The so-called graft-versus-leukemia (GVL) effect induced by allogeneic hematopoietic cell transplantation (AHCT) is due mainly to T-cell responses against host MiHAs: the GVL is abrogated or significantly reduced if the donor is an identical twin (no MiHA differences with the recipient) or if the graft is depleted of T lymphocytes. More than 400,000 individuals treated for hematological cancers owe their life to the MiHA-dependent GVL effect which represents the most striking evidence of the ability of the human immune system to eradicate neoplasia. Though the allogeneic GVT effect is being used essentially to treat patients with hematologic malignancies, preliminary evidence suggests that it may be also effective for the treatment of solid tumors. The considerable potential of MiHA-targeted cancer immunotherapy has not been properly exploited in medicine. In current medical practice, MiHA-based immunotherapy is limited to “conventional” AHCT, that is, injection of hematopoietic cells from an allogeneic HLA-matched donor. Such unselective injection of allogeneic lymphocytes is a very rudimentary form of MiHA-targeted therapy. First, it lacks specificity and is therefore highly toxic: unselected allogeneic T cells react against a multitude of host MiHAs and thereby induce graft-versus-host-disease (GVHD) in 60% of recipients. GVHD is always incapacitating and frequently lethal. Second, conventional AHCT induces only an attenuated form of GVT reaction because donor T cells are not being primed (pre-activated) against specific MiHAs expressed on cancer cells prior to injection into the patient. While primed T cells are resistant to tolerance induction, naïve T cells can be tolerized by tumor cells.
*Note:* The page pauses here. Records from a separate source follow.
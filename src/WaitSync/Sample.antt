-- ===== src/WaitSync/Sample.antt =====
-- Memories for examples. In the first the structures 10, 20 and 30 wait on a ring, for 2, 1 and 3 completions.
use libult.Base.{Bool, true, false, [], ◌∷◌, arith, update}
use libult.WaitSync.State.{Mem}
use libult.WaitSync.Pending.Ring.{IsRing}

abbrev pub three : Mem
three = record {
  count = update (update (update (λ _. 0) 10 2) 20 1) 30 3;
  status = λ _. 0;
  next = update (update (update (λ _. 0) 10 20) 20 30) 30 10;
  prev = update (update (update (λ _. 0) 10 30) 20 10) 30 20;
  signaling = λ _. true;
  uses_threads = true;
  list = 10;
  trace = [];
}

pub three-IsRing : IsRing three (10 ∷ 20 ∷ 30 ∷ [])
three-IsRing = ground arith

-- Nothing pending, with threads in use or not.
abbrev pub quiet : Bool → Mem
quiet uses_threads = record {
  count = λ _. 0;
  status = λ _. 0;
  next = λ _. 0;
  prev = λ _. 0;
  signaling = λ _. false;
  uses_threads = uses_threads;
  list = 0;
  trace = [];
}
It has been demonstrated in mice models of AHCT that, by replacing unselected donor lymphocytes with CD8+ T cells primed against a single MiHA, it was possible to cure leukemia and melanoma without causing GVHD or any other untoward effect. Success depends on two key elements: selection of an immunogenic MiHA expressed on neoplastic cells, and priming of donor CD8+ T cells against the target MiHA prior to AHCT. A recent report discusses why MiHA-targeted ATCI is so effective and how translation of this approach in the clinic could have a tremendous impact on cancer immunotherapy8.
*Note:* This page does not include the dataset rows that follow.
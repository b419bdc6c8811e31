-- ===== src/WaitSync/Pending/Tests.antt =====
-- src/impl/base/wait_sync.c: three structures come to the ring and leave it, and the theorems there.
use libult.Base.{◌≡◌, refl, true, [], ◌∷◌, arith}
use libult.WaitSync.State.{mutex_lock, mutex_unlock, cond_signal, list_lock, list_unlock}
use libult.WaitSync.Pending.{insert_pending, insert_locked, unlink, pass_duties, trim_locked}
use libult.WaitSync.Sample.{quiet, three, three-IsRing}
use libult.WaitSync.Pending.Ring.{IsRing}
use libult.WaitSync.Pending.Insert.{insert_locked-IsRing}
use libult.WaitSync.Pending.Remove.{trim_locked-IsRing}

arrivals : (insert_pending 30 (insert_pending 20 (insert_pending 10 (quiet true)))).prev 10 ≡ 30
unfolding insert_pending
arrivals = refl

-- The last one to leave empties the list.
departures : (pass_duties 10 (unlink 10 (insert_pending 10 (quiet true)))).list ≡ 0
unfolding insert_pending unlink pass_duties
departures = refl

insert_locked-IsRing_example :
    IsRing (insert_locked 40 three) (10 ∷ 20 ∷ 30 ∷ 40 ∷ [])
    × ((insert_locked 40 three).count ≡ three.count)
    × ((insert_locked 40 three).status ≡ three.status)
    × ((insert_locked 40 three).signaling ≡ three.signaling)
    × ((insert_locked 40 three).trace ≡ list_unlock ∷ list_lock ∷ [])
insert_locked-IsRing_example =
    insert_locked-IsRing 40 (10 ∷ 20 ∷ 30 ∷ []) three three-IsRing (omega arith) refl

trim_locked-IsRing_example :
    IsRing (trim_locked 10 three) (20 ∷ 30 ∷ [])
    × ((trim_locked 10 three).trace
        ≡ list_unlock ∷ mutex_unlock 20 ∷ cond_signal 20 ∷ mutex_lock 20 ∷ list_lock ∷ [])
    × ((trim_locked 10 three).count ≡ three.count)
    × ((trim_locked 10 three).status ≡ three.status)
    × ((trim_locked 10 three).signaling ≡ three.signaling)
trim_locked-IsRing_example = trim_locked-IsRing 10 [] (20 ∷ 30 ∷ []) three three-IsRing refl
High-avidity T cell responses capable of eradicating tumors can be generated in an allogeneic setting. In hematological malignancies, allogeneic HLA-matched hematopoietic stem cell transplantation (ASCT) provides a platform for allogeneic immunotherapy due to the induction of T cell-mediated graft-versus-tumor (GVT) immune responses. Immunotherapy in an allogeneic setting enables induction of effective T cell responses due to the fact that T cells of donor origin are not selected for low reactivity against self-antigens of the recipient. Therefore, high-affinity T cells against tumor- or recipient-specific antigens can be found in the T cell inoculum administered to the patient during or after ASCT. The main targets of the tumor-reactive T cell responses are polymorphic proteins for which donor and recipient are disparate, namely MiHAs.
However, implementation of MiHA-targeted immunotherapy in humans has been limited mainly by the paucity of molecularly defined human MiHAs. Based on the MiHAs currently known, only 33% of patients with leukemia would be eligible for MiHA-based ATCI. MiHA discovery is a difficult task because it cannot be achieved using standard genomic and proteomic methods. Indeed, i) less than 1% of SNPs generate a MiHA and ii) current mass spectrometry methods cannot detect MiHAs.
Thus, there is a need for the identification of novel MiHAs that may be used in immunotherapies.
The present description refers to a number of documents, the content of which is herein incorporated by reference in their entirety.